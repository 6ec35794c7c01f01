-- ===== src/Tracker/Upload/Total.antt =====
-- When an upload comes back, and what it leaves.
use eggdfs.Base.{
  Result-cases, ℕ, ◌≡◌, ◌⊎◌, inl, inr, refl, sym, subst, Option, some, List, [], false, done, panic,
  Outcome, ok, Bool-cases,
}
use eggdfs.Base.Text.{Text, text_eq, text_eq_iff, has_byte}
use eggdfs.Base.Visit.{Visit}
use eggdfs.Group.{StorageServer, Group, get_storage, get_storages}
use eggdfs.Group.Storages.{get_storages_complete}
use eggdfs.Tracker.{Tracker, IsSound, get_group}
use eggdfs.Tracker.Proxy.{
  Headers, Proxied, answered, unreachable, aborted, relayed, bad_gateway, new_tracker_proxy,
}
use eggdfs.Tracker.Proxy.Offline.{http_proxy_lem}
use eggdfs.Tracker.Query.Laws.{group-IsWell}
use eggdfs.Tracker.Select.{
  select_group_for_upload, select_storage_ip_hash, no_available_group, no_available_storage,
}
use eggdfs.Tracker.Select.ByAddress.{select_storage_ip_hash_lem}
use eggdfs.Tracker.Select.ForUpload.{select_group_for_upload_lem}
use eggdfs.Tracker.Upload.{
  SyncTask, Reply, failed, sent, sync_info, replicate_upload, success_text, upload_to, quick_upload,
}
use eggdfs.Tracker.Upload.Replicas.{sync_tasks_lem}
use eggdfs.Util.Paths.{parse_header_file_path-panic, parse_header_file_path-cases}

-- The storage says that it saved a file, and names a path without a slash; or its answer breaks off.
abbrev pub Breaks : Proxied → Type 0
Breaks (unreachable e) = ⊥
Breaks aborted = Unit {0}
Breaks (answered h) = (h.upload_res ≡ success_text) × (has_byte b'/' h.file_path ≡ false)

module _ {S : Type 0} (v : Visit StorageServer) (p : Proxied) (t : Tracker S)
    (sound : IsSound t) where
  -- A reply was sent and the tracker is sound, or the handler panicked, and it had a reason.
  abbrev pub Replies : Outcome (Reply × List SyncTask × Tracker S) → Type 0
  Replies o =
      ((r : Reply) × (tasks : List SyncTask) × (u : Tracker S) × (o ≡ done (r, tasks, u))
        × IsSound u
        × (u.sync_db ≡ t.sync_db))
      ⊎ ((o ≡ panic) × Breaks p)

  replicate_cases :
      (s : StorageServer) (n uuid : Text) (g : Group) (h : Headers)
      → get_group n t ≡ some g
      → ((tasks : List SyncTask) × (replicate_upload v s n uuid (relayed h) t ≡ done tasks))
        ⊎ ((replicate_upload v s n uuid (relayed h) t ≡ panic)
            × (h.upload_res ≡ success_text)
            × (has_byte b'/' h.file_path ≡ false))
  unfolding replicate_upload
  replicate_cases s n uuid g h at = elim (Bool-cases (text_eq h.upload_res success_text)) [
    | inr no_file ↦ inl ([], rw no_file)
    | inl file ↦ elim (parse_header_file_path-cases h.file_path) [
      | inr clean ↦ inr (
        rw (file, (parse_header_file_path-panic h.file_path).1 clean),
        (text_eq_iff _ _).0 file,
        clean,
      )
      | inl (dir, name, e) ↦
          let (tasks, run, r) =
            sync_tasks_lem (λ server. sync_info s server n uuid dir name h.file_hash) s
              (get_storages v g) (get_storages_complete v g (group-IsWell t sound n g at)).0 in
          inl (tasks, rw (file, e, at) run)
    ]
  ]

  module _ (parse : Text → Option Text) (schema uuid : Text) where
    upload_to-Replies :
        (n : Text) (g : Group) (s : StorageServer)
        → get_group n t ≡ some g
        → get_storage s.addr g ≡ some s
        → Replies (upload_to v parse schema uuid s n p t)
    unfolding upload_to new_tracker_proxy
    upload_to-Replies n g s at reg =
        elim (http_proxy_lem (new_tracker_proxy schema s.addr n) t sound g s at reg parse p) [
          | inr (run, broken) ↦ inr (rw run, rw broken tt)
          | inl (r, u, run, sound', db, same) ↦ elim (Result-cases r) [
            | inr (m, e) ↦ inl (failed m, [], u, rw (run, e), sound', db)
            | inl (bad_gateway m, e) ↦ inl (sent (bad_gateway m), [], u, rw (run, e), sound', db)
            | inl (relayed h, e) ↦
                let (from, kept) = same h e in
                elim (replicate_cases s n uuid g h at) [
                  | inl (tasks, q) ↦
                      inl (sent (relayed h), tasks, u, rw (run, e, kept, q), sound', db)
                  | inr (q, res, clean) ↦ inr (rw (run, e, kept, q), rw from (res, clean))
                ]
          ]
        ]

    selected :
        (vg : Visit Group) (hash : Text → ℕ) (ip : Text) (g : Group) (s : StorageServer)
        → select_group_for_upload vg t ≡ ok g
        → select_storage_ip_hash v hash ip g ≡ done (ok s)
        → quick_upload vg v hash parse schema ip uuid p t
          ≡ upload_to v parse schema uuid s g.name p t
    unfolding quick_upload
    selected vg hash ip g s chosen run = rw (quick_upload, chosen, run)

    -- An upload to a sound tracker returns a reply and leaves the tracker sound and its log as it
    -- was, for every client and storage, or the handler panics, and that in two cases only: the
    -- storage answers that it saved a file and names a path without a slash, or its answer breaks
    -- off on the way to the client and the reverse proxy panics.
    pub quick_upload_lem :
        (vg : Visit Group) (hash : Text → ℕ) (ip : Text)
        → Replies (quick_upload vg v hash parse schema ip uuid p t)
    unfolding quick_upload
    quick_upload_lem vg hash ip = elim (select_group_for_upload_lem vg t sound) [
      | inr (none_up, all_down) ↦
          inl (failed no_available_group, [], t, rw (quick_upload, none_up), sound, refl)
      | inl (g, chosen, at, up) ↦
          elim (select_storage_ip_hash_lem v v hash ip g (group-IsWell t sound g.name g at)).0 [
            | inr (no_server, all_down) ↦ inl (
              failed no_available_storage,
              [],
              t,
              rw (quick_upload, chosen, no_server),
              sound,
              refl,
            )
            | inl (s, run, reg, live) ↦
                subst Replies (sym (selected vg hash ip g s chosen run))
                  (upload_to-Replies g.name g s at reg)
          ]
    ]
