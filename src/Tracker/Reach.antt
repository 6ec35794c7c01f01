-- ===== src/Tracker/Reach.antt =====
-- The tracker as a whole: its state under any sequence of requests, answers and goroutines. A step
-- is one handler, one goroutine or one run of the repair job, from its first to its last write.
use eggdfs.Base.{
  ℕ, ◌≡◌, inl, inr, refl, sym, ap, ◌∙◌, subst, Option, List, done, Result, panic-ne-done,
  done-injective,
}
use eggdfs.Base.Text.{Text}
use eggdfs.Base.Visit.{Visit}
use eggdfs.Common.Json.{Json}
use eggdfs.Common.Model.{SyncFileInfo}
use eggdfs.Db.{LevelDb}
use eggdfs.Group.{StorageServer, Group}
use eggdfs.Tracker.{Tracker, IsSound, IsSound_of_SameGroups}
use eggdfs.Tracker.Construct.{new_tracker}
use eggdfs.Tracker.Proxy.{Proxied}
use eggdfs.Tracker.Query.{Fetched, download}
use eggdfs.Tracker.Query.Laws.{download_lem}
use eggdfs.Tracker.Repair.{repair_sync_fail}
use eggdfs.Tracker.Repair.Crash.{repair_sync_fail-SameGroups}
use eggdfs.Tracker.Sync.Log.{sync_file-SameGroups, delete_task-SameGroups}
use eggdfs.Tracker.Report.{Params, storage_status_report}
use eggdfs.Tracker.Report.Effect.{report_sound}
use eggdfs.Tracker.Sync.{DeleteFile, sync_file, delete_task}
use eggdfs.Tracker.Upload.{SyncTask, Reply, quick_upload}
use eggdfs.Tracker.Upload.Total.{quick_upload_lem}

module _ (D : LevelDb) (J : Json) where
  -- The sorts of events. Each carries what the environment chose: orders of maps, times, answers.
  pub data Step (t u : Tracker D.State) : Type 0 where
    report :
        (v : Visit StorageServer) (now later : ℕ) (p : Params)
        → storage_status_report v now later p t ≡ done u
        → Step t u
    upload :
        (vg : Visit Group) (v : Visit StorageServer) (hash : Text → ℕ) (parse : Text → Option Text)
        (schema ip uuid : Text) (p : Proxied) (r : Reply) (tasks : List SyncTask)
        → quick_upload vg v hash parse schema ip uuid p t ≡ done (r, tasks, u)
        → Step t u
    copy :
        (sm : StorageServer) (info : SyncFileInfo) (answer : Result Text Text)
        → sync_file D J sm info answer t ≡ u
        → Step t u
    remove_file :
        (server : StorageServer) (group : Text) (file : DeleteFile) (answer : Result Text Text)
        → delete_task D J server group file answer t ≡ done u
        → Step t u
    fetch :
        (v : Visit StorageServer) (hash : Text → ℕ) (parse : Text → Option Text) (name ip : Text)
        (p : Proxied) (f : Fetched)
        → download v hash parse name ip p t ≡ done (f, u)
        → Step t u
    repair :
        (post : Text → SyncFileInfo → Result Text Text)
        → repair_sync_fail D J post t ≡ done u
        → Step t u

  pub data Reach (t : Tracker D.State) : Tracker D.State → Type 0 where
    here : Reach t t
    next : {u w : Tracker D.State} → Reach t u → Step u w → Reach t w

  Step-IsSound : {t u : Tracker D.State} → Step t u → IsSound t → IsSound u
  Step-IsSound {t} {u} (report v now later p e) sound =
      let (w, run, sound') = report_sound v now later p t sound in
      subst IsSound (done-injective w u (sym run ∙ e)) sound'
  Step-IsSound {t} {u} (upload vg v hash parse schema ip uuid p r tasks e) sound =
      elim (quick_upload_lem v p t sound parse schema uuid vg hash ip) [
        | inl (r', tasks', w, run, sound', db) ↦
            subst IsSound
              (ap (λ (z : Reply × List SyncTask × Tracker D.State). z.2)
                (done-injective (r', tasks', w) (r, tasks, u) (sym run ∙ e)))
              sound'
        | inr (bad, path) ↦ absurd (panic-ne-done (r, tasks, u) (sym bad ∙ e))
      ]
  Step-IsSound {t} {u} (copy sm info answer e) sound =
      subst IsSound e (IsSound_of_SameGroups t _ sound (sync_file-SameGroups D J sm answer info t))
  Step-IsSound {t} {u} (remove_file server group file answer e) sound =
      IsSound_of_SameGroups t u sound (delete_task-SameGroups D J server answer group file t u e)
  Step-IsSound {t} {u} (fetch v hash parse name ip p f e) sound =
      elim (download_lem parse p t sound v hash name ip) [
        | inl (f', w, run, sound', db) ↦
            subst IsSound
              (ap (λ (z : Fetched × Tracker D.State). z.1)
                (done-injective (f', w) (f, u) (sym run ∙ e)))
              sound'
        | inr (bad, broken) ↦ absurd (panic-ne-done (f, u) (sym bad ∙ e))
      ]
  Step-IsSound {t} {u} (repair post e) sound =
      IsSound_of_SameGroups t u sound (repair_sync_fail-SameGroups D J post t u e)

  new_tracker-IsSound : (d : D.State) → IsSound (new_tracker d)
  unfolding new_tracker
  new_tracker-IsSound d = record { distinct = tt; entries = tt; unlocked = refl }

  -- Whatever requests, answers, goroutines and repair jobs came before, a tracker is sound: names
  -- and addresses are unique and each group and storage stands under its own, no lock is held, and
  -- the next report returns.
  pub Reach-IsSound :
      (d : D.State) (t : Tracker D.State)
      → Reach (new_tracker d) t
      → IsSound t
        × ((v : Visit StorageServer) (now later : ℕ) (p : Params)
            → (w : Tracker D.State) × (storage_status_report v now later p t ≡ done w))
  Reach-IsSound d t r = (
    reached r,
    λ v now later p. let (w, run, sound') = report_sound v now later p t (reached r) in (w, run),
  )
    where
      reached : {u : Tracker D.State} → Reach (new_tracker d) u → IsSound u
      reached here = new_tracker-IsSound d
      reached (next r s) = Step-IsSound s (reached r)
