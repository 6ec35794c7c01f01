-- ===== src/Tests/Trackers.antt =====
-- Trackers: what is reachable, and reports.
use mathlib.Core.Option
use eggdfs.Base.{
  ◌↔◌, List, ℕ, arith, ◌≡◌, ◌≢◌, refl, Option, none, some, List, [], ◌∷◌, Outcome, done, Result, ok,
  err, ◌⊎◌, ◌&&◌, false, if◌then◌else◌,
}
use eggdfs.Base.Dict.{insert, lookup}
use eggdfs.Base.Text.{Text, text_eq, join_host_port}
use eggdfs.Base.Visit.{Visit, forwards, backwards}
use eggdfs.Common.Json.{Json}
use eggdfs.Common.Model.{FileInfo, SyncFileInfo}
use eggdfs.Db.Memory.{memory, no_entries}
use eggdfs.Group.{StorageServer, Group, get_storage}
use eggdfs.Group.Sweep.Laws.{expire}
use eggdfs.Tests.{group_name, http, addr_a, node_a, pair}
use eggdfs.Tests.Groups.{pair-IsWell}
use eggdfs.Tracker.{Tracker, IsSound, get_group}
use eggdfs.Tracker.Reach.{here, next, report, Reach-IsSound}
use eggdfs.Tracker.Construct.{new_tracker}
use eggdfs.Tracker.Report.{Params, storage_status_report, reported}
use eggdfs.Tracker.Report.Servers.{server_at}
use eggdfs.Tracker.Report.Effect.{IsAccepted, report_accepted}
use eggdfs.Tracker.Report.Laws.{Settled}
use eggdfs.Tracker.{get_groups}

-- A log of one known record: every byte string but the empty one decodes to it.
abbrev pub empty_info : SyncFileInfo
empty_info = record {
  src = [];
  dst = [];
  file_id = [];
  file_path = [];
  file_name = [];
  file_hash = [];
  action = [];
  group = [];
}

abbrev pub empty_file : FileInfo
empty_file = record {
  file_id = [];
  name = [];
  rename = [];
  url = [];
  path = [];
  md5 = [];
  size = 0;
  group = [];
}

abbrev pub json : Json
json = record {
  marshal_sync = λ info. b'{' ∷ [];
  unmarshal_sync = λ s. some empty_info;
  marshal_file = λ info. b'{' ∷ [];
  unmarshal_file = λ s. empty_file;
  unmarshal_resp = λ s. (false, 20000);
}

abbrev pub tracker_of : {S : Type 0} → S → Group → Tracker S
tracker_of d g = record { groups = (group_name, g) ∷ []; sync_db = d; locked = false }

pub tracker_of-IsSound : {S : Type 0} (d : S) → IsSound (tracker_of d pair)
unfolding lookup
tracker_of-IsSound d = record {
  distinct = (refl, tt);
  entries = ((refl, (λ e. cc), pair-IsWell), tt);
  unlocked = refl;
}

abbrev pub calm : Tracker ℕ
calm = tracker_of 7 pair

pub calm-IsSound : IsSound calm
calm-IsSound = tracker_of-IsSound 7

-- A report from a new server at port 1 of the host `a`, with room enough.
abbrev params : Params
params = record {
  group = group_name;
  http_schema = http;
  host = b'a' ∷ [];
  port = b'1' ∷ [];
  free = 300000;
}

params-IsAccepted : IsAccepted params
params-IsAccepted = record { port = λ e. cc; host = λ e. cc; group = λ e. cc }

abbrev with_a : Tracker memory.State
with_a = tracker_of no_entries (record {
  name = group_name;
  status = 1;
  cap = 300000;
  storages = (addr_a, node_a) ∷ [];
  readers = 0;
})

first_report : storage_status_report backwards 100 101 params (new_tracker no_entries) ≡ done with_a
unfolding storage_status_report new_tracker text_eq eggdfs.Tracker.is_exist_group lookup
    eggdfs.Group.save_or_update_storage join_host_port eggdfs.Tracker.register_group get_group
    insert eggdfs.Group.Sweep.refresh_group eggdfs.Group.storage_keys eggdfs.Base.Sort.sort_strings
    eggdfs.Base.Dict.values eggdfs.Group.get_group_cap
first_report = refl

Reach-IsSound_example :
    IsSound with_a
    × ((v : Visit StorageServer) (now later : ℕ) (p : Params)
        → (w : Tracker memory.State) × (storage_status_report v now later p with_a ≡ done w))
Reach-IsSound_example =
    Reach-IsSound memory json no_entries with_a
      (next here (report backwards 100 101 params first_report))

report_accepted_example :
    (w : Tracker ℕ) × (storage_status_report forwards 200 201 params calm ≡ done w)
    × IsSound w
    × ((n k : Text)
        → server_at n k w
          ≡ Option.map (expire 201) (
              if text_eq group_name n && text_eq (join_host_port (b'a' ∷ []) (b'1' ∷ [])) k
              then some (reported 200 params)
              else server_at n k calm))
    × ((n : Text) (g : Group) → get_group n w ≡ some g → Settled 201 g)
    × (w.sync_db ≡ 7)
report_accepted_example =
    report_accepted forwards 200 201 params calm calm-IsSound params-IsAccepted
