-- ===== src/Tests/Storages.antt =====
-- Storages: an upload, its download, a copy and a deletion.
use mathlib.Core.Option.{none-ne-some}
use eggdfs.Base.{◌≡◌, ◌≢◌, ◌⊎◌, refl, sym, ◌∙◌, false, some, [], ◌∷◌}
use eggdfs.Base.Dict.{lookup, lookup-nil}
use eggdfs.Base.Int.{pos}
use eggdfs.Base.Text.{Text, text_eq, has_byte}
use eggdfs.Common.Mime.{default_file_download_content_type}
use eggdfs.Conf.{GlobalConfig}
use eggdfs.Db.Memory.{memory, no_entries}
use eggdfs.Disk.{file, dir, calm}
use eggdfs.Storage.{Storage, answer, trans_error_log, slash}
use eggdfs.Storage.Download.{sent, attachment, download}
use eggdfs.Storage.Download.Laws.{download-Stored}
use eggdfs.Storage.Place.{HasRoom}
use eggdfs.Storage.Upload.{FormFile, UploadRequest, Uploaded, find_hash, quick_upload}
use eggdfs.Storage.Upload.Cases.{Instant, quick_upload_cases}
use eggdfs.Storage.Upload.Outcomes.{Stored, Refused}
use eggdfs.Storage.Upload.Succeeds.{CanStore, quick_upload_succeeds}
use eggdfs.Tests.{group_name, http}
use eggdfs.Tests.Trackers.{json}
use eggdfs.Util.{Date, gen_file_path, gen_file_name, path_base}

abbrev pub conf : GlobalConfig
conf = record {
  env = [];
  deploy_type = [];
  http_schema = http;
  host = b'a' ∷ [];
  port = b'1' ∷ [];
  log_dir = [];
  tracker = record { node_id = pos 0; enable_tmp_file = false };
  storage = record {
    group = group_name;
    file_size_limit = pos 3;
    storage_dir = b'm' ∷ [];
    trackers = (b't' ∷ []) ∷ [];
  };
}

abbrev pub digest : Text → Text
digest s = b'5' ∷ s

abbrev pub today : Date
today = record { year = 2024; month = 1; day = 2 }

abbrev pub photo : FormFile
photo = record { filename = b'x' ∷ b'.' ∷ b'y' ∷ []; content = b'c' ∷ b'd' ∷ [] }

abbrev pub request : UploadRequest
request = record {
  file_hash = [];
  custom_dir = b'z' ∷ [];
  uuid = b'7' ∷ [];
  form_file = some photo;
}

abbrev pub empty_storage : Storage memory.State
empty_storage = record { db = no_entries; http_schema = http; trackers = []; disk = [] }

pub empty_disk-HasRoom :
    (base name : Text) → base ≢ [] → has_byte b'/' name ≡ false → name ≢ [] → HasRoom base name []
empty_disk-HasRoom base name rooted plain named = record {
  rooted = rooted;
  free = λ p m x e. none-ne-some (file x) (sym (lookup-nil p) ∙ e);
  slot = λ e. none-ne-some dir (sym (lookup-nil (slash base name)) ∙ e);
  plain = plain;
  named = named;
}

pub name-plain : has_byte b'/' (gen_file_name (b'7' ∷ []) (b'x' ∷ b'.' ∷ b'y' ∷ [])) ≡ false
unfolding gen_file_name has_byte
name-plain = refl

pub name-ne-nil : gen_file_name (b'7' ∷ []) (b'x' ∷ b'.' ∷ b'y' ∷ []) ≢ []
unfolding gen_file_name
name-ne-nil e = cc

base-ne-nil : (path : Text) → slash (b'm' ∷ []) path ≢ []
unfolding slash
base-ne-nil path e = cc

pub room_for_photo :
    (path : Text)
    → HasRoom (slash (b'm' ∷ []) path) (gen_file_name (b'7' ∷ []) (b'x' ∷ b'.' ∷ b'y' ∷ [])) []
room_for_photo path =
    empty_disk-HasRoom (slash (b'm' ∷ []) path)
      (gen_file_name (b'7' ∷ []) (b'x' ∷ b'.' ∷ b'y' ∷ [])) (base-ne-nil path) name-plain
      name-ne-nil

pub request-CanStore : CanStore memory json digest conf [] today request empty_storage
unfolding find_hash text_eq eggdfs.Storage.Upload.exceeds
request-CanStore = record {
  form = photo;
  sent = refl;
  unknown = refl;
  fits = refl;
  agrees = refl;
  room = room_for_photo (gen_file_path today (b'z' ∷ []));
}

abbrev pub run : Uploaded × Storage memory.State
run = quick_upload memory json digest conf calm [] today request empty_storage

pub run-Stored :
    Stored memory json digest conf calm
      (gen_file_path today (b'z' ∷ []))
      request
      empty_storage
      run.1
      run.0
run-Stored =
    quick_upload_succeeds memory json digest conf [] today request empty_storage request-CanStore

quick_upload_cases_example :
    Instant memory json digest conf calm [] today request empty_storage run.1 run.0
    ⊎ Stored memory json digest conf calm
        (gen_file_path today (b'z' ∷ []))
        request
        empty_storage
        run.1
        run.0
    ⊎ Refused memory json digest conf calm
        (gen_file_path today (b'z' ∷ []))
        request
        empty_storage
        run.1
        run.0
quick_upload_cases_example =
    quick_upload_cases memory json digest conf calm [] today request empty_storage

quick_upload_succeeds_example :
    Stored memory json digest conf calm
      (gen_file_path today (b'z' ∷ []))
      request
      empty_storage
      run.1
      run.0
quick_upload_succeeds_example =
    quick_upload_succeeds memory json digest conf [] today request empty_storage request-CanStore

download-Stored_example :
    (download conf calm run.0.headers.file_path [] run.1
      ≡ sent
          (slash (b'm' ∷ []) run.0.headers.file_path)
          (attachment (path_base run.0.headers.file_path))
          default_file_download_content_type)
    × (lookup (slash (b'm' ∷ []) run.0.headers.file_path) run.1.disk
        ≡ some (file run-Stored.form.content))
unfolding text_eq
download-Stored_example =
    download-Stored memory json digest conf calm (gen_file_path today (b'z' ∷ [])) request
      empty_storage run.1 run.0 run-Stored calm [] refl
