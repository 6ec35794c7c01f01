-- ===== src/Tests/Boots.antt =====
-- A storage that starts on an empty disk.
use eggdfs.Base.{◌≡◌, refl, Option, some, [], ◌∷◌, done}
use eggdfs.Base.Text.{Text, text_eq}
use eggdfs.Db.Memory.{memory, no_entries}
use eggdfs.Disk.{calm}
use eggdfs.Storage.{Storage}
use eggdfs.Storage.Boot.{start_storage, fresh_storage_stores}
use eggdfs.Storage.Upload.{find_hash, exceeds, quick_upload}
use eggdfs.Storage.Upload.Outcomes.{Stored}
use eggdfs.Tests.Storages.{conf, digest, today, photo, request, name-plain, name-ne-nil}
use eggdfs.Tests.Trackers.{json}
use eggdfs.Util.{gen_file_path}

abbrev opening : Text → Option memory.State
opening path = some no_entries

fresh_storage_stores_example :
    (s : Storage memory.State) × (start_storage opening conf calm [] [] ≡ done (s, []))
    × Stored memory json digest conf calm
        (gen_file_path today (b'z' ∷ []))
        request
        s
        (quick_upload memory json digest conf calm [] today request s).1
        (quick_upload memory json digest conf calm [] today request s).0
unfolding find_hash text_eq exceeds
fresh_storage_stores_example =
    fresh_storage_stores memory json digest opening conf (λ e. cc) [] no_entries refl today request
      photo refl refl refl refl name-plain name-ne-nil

---

> [REQUIRED WORK] Could you retype exactly the lines above, starting at the line that contains "readers = 0;" and ending at the line that contains "report_accepted forwards 200", and nothing more?

> [YOUR SOLUTION]
  readers = 0;
})

first_report : storage_status_report backwards 100 101 params (new_tracker no_entries) ≡ done with_a
unfolding storage_status_report new_tracker text_eq eggdfs.Tracker.is_exist_group lookup
    eggdfs.Group.save_or_update_storage join_host_port eggdfs.Tracker.register_group get_group
    insert eggdfs.Group.Sweep.refresh_group eggdfs.Group.storage_keys eggdfs.Base.Sort.sort_strings
    eggdfs.Base.Dict.values eggdfs.Group.get_group_cap
first_report = refl

Reach-IsSound_example :
    IsSound with_a
    × ((v : Visit StorageServer) (now later : ℕ) (p : Params)
        → (w : Tracker memory.State) × (storage_status_report v now later p with_a ≡ done w))
Reach-IsSound_example =
    Reach-IsSound memory json no_entries with_a
      (next here (report backwards 100 101 params first_report))

report_accepted_example :
    (w : Tracker ℕ) × (storage_status_report forwards 200 201 params calm ≡ done w)
    × IsSound w
    × ((n k : Text)
        → server_at n k w
          ≡ Option.map (expire 201) (
              if text_eq group_name n && text_eq (join_host_port (b'a' ∷ []) (b'1' ∷ [])) k
              then some (reported 200 params)
              else server_at n k calm))
    × ((n : Text) (g : Group) → get_group n w ≡ some g → Settled 201 g)
    × (w.sync_db ≡ 7)
report_accepted_example =
    report_accepted forwards 200 201 params calm calm-IsSound params-IsAccepted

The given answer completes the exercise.